PROBLEM TO WORK ON - Records follow. Pull out every line that contains "PbPeerInfo".

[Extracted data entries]
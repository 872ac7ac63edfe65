-- ===== src/Directory/Serve.antt =====
-- mcdir/proto.go: the handlers that answer from the directory, and mcnode/net.go: the client of a
-- lookup. A stream accepts a number of messages and then fails.
pub mod Lookup
pub mod Resolve
use concat.Base.{
  ℕ, zero, suc, Text, text_eq, Option, none, some, List, [], ◌∷◌, Error, Result, ok, err, panic,
  unknown_peer, node_offline, lookup_error, ◌>>=◌, ◌+◌, if◌then◌else◌, ltb, length,
}
use concat.Mc.Message.{PeerInfo, PbPeerInfo, Codec, pb_from_peer_info, pb_to_peer_info}
use concat.Directory.Types.{Peers, Manifest}
use concat.Directory.Manifests.{ManifestStore, lookup_entity}
use concat.Directory.Peers.{lookup_peer, list_peers, list_namespaces}

-- The loop of each handler: a request is answered, or ends the loop, as does a write that fails.
unfoldable pub serve : {Req Res : Type 0} → (Req → Option Res) → ℕ → List Req → List Res
serve answer room [] = []
serve answer zero (req ∷ reqs) = []
serve answer (suc room) (req ∷ reqs) = elim (answer req) [
  | none ↦ []
  | some res ↦ res ∷ serve answer room reqs
]

-- The value of a call, where it has one; a panic ends the handler as well.
abbrev pub value {ℓ} : {A : Type ℓ} → Result A → Option A
value (ok a) = some a
value (err e) = none
value panic = none

module _ (c : Codec) where
  abbrev pub encoded : Option PeerInfo → Option PbPeerInfo
  encoded none = none
  encoded (some pinfo) = some (pb_from_peer_info c pinfo)

  -- The answer of lookupHandler to an identity, from the peers of the time.
  unfoldable pub lookup_answer : Text × Peers → Option (Option PbPeerInfo)
  lookup_answer (id, peers) = elim (c.decode_id id) [
    | ok xid ↦ some (encoded (lookup_peer xid peers))
    | err e ↦ none
    | panic ↦ none
  ]

  unfoldable pub lookup_handler : ℕ → List (Text × Peers) → List (Option PbPeerInfo)
  unfolding serve lookup_answer
  lookup_handler room reqs = serve lookup_answer room reqs

  -- listHandler
  unfoldable pub list_handler : ℕ → List (Text × Peers) → List (List Text)
  unfolding serve
  list_handler room reqs = serve (λ req. value (list_peers c.pretty req.0 req.1)) room reqs

  -- doDirLookupImpl behind the read of the response.
  unfoldable pub lookup_response : Result (Option PbPeerInfo) → Result PeerInfo
  lookup_response panic = panic
  lookup_response (err e) = err e
  lookup_response (ok none) = err unknown_peer
  lookup_response (ok (some pbpi)) = pb_to_peer_info c pbpi

  -- doDirLookupImpl, with the outcomes of the connection and the write, and the read.
  unfoldable pub dir_lookup :
      Result (Unit {0}) → Result (Unit {0}) → Result (Option PbPeerInfo) → Result PeerInfo
  unfolding lookup_response
  dir_lookup connected written read = do _ ← connected; _ ← written; lookup_response read

-- listmfHandler
unfoldable pub listmf_handler : ℕ → List (Text × ManifestStore) → List (List Manifest)
unfolding serve
listmf_handler room reqs = serve (λ req. value (lookup_entity req.0 req.1)) room reqs

-- listnsHandler
unfoldable pub listns_handler : ℕ → List Peers → List (List Text)
unfolding serve
listns_handler room reqs = serve (λ peers. some (list_namespaces peers)) room reqs

-- What a worker of doLookupImpl sends, or the end of the context.
pub data Arrival : Type 0 where
  found : PeerInfo → Arrival
  failed : Error → Arrival
  expired : Arrival

-- The error of a lookup that found nothing.
abbrev pub unresolved : ℕ → ℕ → Result PeerInfo
unresolved errcount workers = if ltb errcount workers then err unknown_peer else err lookup_error

-- The loop of doLookupImpl over what arrives, of which there is one for each worker.
unfoldable pub lookup_loop : ℕ → List Arrival → ℕ → Result PeerInfo
lookup_loop workers [] errcount = unresolved errcount workers
lookup_loop workers (found pinfo ∷ rest) errcount = ok pinfo
lookup_loop workers (failed unknown_peer ∷ rest) errcount = lookup_loop workers rest errcount
lookup_loop workers (failed e ∷ rest) errcount = lookup_loop workers rest (errcount + 1)
lookup_loop workers (expired ∷ rest) errcount = unresolved errcount workers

SOLUTION FOR THIS PROBLEM -
use concat.Mc.Message.{PeerInfo, PbPeerInfo, Codec, pb_from_peer_info, pb_to_peer_info}
  abbrev pub encoded : Option PeerInfo → Option PbPeerInfo
  unfoldable pub lookup_answer : Text × Peers → Option (Option PbPeerInfo)
  unfoldable pub lookup_handler : ℕ → List (Text × Peers) → List (Option PbPeerInfo)
  unfoldable pub lookup_response : Result (Option PbPeerInfo) → Result PeerInfo
      Result (Unit {0}) → Result (Unit {0}) → Result (Option PbPeerInfo) → Result PeerInfo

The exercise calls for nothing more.